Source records
============
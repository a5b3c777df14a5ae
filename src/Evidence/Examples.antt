-- ===== src/Evidence/Examples.antt =====
-- Tests of app/services/evidence_validation.py, and its theorems at concrete inputs.
use rfp.Database.{Document, DocumentPage, completed}
use rfp.Evidence.{
  Citation, EvidenceOps, Library, collapse, contains, denied, document_with,
  evidence_quote_exists_on_page, granted, normalize_evidence_text, page_with, starts_with,
  validate_evidence_candidate,
}
use rfp.Evidence.Citable.{Citable-accepted, Judged, validate_evidence_candidate-Judged}
use rfp.Evidence.Grounding.{
  above, all_tokens, best_of, better, check_claim_support, claim_support_threshold, distinct,
  extract_draft_claims, grounding_of, is_claim, overlap, sentence_of, shared_tokens, support_of,
  tally, tokenize, validate_draft_grounding,
}
use rfp.Evidence.Search.{Occurs, collapse_idempotent, evidence_quote_exists_on_page_iff}
use rfp.Evidence.Support.{Reaches, check_claim_support_iff}
use rfp.Evidence.Tally.{Accounted, validate_draft_grounding-Accounted}
use rfp.Extraction.World.{TextOps, is_empty, strip}
use rfp.Prelude.{
  Any, Text, [], arith, false, member, none, refl, same_text, some, true, ℕ, ◌==◌, ◌↔◌, ◌∷◌, ◌≡◌,
}
use rfp.Samples.{with_status}

abbrev plain : TextOps
plain = record {
  is_space = λ c. c == 0x20;
  nfc = λ chars. chars;
  sha256 = λ chars. "h";
  show_id = λ n. n ∷ [];
  show_number = λ n. n ∷ [];
  code_points = λ s. 0x7e ∷ [];
}

abbrev plain_ops : EvidenceOps
plain_ops = record {
  base = plain;
  casefold = λ chars. chars;
  split_sentences = λ chars. chars ∷ [];
}

-- "abc defghijk lmn opq", and the same with another space in it.
abbrev quote : Text
quote =
    0x61 ∷ 0x62 ∷ 0x63 ∷ 0x20 ∷ 0x64 ∷ 0x65 ∷ 0x66 ∷ 0x67 ∷ 0x68 ∷ 0x69 ∷ 0x6a ∷ 0x6b ∷ 0x20 ∷ 0x6c
    ∷ 0x6d ∷ 0x6e ∷ 0x20 ∷ 0x6f ∷ 0x70 ∷ 0x71 ∷ []

abbrev spaced_page : DocumentPage
spaced_page = record {
  id = 50;
  document_id = 1;
  page_number = 4;
  content = 0x7a ∷ 0x20 ∷ 0x20 ∷ quote;
  unit_kind = none;
  source_locator = none;
  content_sha256 = none;
}

abbrev finished : Document
finished = record (with_status completed) { processing_status = "completed" }

abbrev sample_library : Library
sample_library = record { documents = finished ∷ []; stored_pages = spaced_page ∷ [] }

abbrev cite : ℕ → Citation
cite project = record {
  requirement_project_id = project;
  cited_document_id = 1;
  cited_page = some 4;
  client_snippet = 0x20 ∷ quote;
}

-- The page is cited with a quote on it; to another project the document does not exist.
cites :
    (validate_evidence_candidate plain_ops sample_library (cite 2) ≡ granted (quote, some 4))
    × (validate_evidence_candidate plain_ops sample_library (cite 3)
        ≡ denied (record { status_code = 404; detail = "Document not found" }))
unfolding validate_evidence_candidate document_with strip page_with evidence_quote_exists_on_page
    contains normalize_evidence_text collapse starts_with
cites = (refl, refl)

evidence_quote_exists_on_page_iff_example :
    (evidence_quote_exists_on_page plain_ops quote (0x7a ∷ 0x20 ∷ 0x20 ∷ quote) ≡ true) ↔ (
      (is_empty quote ≡ false)
      × (is_empty (0x7a ∷ 0x20 ∷ 0x20 ∷ quote) ≡ false)
      × Occurs
          (normalize_evidence_text plain_ops quote)
          (normalize_evidence_text plain_ops (0x7a ∷ 0x20 ∷ 0x20 ∷ quote)))
evidence_quote_exists_on_page_iff_example =
    evidence_quote_exists_on_page_iff plain_ops quote (0x7a ∷ 0x20 ∷ 0x20 ∷ quote)

validate_evidence_candidate-Judged_example :
    Judged plain_ops sample_library
      (cite 3)
      (validate_evidence_candidate plain_ops sample_library (cite 3))
validate_evidence_candidate-Judged_example =
    validate_evidence_candidate-Judged plain_ops sample_library (cite 3)

Citable-accepted_example :
    validate_evidence_candidate plain_ops sample_library (cite 2) ≡ granted (quote, some 4)
unfolding document_with strip page_with evidence_quote_exists_on_page contains
    normalize_evidence_text collapse starts_with
Citable-accepted_example = Citable-accepted plain_ops sample_library (cite 2) (record {
  visible = record { row = finished; found_row = refl; same_project = refl };
  ready = (refl, refl, refl);
  long_enough = omega arith;
  short_enough = omega arith;
  quoted = (spaced_page, refl, refl);
})

-- One of the five words is in both.
supports :
    (check_claim_support plain_ops claim_support_threshold
      ((0x7a ∷ 0x20 ∷ 0x61 ∷ 0x62 ∷ 0x63 ∷ []) ∷ [])
      quote).overlap_score
    ≡ record { shared = 1; combined = 5 }
unfolding check_claim_support tokenize distinct normalize_evidence_text strip collapse member
    same_text best_of better above overlap all_tokens shared_tokens
supports = refl

check_claim_support_iff_example :
    ((check_claim_support plain_ops claim_support_threshold (quote ∷ []) quote).is_supported ≡ true)
    ↔ Any (Reaches plain_ops (tokenize plain_ops quote) claim_support_threshold) (quote ∷ [])
unfolding tokenize distinct normalize_evidence_text strip collapse member same_text
check_claim_support_iff_example =
    check_claim_support_iff plain_ops claim_support_threshold (quote ∷ []) quote (omega arith) refl

validate_draft_grounding-Accounted_example :
    Accounted plain_ops claim_support_threshold
      (quote ∷ [])
      (extract_draft_claims plain_ops quote)
      (validate_draft_grounding plain_ops claim_support_threshold quote (quote ∷ []))
validate_draft_grounding-Accounted_example =
    validate_draft_grounding-Accounted plain_ops claim_support_threshold (quote ∷ []) quote

-- A claim of twenty characters that a snippet repeats.
grounds : validate_draft_grounding plain_ops claim_support_threshold quote (quote ∷ []) ≡ record {
  passes = true;
  unsupported_claims = [];
  supported_count = 1;
  total_claims = 1;
  grounding_pass_rate = record { shared = 1; combined = 1 };
}
unfolding validate_draft_grounding extract_draft_claims is_claim sentence_of strip contains
    normalize_evidence_text collapse starts_with check_claim_support tokenize distinct member
    same_text above best_of better all_tokens overlap shared_tokens support_of tally grounding_of
grounds = refl

collapse_idempotent_example :
    collapse plain.is_space false (collapse plain.is_space false (0x20 ∷ 0x20 ∷ quote))
    ≡ collapse plain.is_space false (0x20 ∷ 0x20 ∷ quote)
collapse_idempotent_example = collapse_idempotent plain.is_space (0x20 ∷ 0x20 ∷ quote) refl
============
■ **REQUIRED WORK**:
Reproduce the lines above. Leave each one as it is.

■ **RESULT**:
repository a5b3c777df14a5ae
filename src/Evidence/Examples.antt
-- ===== src/Evidence/Examples.antt =====
-- Tests of app/services/evidence_validation.py, and its theorems at concrete inputs.
use rfp.Database.{Document, DocumentPage, completed}
use rfp.Evidence.{
  Citation, EvidenceOps, Library, collapse, contains, denied, document_with,
  evidence_quote_exists_on_page, granted, normalize_evidence_text, page_with, starts_with,
  validate_evidence_candidate,
}
use rfp.Evidence.Citable.{Citable-accepted, Judged, validate_evidence_candidate-Judged}
use rfp.Evidence.Grounding.{
  above, all_tokens, best_of, better, check_claim_support, claim_support_threshold, distinct,
  extract_draft_claims, grounding_of, is_claim, overlap, sentence_of, shared_tokens, support_of,
  tally, tokenize, validate_draft_grounding,
}
use rfp.Evidence.Search.{Occurs, collapse_idempotent, evidence_quote_exists_on_page_iff}
use rfp.Evidence.Support.{Reaches, check_claim_support_iff}
use rfp.Evidence.Tally.{Accounted, validate_draft_grounding-Accounted}
use rfp.Extraction.World.{TextOps, is_empty, strip}
use rfp.Prelude.{
  Any, Text, [], arith, false, member, none, refl, same_text, some, true, ℕ, ◌==◌, ◌↔◌, ◌∷◌, ◌≡◌,
}
use rfp.Samples.{with_status}

abbrev plain : TextOps
plain = record {
  is_space = λ c. c == 0x20;
  nfc = λ chars. chars;
  sha256 = λ chars. "h";
  show_id = λ n. n ∷ [];
  show_number = λ n. n ∷ [];
  code_points = λ s. 0x7e ∷ [];
}

abbrev plain_ops : EvidenceOps
plain_ops = record {
  base = plain;
  casefold = λ chars. chars;
  split_sentences = λ chars. chars ∷ [];
}

-- "abc defghijk lmn opq", and the same with another space in it.
abbrev quote : Text
quote =
    0x61 ∷ 0x62 ∷ 0x63 ∷ 0x20 ∷ 0x64 ∷ 0x65 ∷ 0x66 ∷ 0x67 ∷ 0x68 ∷ 0x69 ∷ 0x6a ∷ 0x6b ∷ 0x20 ∷ 0x6c
    ∷ 0x6d ∷ 0x6e ∷ 0x20 ∷ 0x6f ∷ 0x70 ∷ 0x71 ∷ []

abbrev spaced_page : DocumentPage
spaced_page = record {
  id = 50;
  document_id = 1;
  page_number = 4;
  content = 0x7a ∷ 0x20 ∷ 0x20 ∷ quote;
  unit_kind = none;
  source_locator = none;
  content_sha256 = none;
}

abbrev finished : Document
finished = record (with_status completed) { processing_status = "completed" }

abbrev sample_library : Library
sample_library = record { documents = finished ∷ []; stored_pages = spaced_page ∷ [] }

abbrev cite : ℕ → Citation
cite project = record {
  requirement_project_id = project;
  cited_document_id = 1;
  cited_page = some 4;
  client_snippet = 0x20 ∷ quote;
}

-- The page is cited with a quote on it; to another project the document does not exist.
cites :
    (validate_evidence_candidate plain_ops sample_library (cite 2) ≡ granted (quote, some 4))
    × (validate_evidence_candidate plain_ops sample_library (cite 3)
        ≡ denied (record { status_code = 404; detail = "Document not found" }))
unfolding validate_evidence_candidate document_with strip page_with evidence_quote_exists_on_page
    contains normalize_evidence_text collapse starts_with
cites = (refl, refl)

evidence_quote_exists_on_page_iff_example :
    (evidence_quote_exists_on_page plain_ops quote (0x7a ∷ 0x20 ∷ 0x20 ∷ quote) ≡ true) ↔ (
      (is_empty quote ≡ false)
      × (is_empty (0x7a ∷ 0x20 ∷ 0x20 ∷ quote) ≡ false)
      × Occurs
          (normalize_evidence_text plain_ops quote)
          (normalize_evidence_text plain_ops (0x7a ∷ 0x20 ∷ 0x20 ∷ quote)))
evidence_quote_exists_on_page_iff_example =
    evidence_quote_exists_on_page_iff plain_ops quote (0x7a ∷ 0x20 ∷ 0x20 ∷ quote)

validate_evidence_candidate-Judged_example :
    Judged plain_ops sample_library
      (cite 3)
      (validate_evidence_candidate plain_ops sample_library (cite 3))
validate_evidence_candidate-Judged_example =
    validate_evidence_candidate-Judged plain_ops sample_library (cite 3)

Citable-accepted_example :
    validate_evidence_candidate plain_ops sample_library (cite 2) ≡ granted (quote, some 4)
unfolding document_with strip page_with evidence_quote_exists_on_page contains
    normalize_evidence_text collapse starts_with
Citable-accepted_example = Citable-accepted plain_ops sample_library (cite 2) (record {
  visible = record { row = finished; found_row = refl; same_project = refl };
  ready = (refl, refl, refl);
  long_enough = omega arith;
  short_enough = omega arith;
  quoted = (spaced_page, refl, refl);
})

-- One of the five words is in both.
supports :
    (check_claim_support plain_ops claim_support_threshold
      ((0x7a ∷ 0x20 ∷ 0x61 ∷ 0x62 ∷ 0x63 ∷ []) ∷ [])
      quote).overlap_score
    ≡ record { shared = 1; combined = 5 }
unfolding check_claim_support tokenize distinct normalize_evidence_text strip collapse member
    same_text best_of better above overlap all_tokens shared_tokens
supports = refl

check_claim_support_iff_example :
    ((check_claim_support plain_ops claim_support_threshold (quote ∷ []) quote).is_supported ≡ true)
    ↔ Any (Reaches plain_ops (tokenize plain_ops quote) claim_support_threshold) (quote ∷ [])
unfolding tokenize distinct normalize_evidence_text strip collapse member same_text
check_claim_support_iff_example =
    check_claim_support_iff plain_ops claim_support_threshold (quote ∷ []) quote (omega arith) refl

validate_draft_grounding-Accounted_example :
    Accounted plain_ops claim_support_threshold
      (quote ∷ [])
      (extract_draft_claims plain_ops quote)
      (validate_draft_grounding plain_ops claim_support_threshold quote (quote ∷ []))
validate_draft_grounding-Accounted_example =
    validate_draft_grounding-Accounted plain_ops claim_support_threshold (quote ∷ []) quote

-- A claim of twenty characters that a snippet repeats.
grounds : validate_draft_grounding plain_ops claim_support_threshold quote (quote ∷ []) ≡ record {
  passes = true;
  unsupported_claims = [];
  supported_count = 1;
  total_claims = 1;
  grounding_pass_rate = record { shared = 1; combined = 1 };
}
unfolding validate_draft_grounding extract_draft_claims is_claim sentence_of strip contains
    normalize_evidence_text collapse starts_with check_claim_support tokenize distinct member
    same_text above best_of better all_tokens overlap shared_tokens support_of tally grounding_of
grounds = refl

collapse_idempotent_example :
    collapse plain.is_space false (collapse plain.is_space false (0x20 ∷ 0x20 ∷ quote))
    ≡ collapse plain.is_space false (0x20 ∷ 0x20 ∷ quote)
collapse_idempotent_example = collapse_idempotent plain.is_space (0x20 ∷ 0x20 ∷ quote) refl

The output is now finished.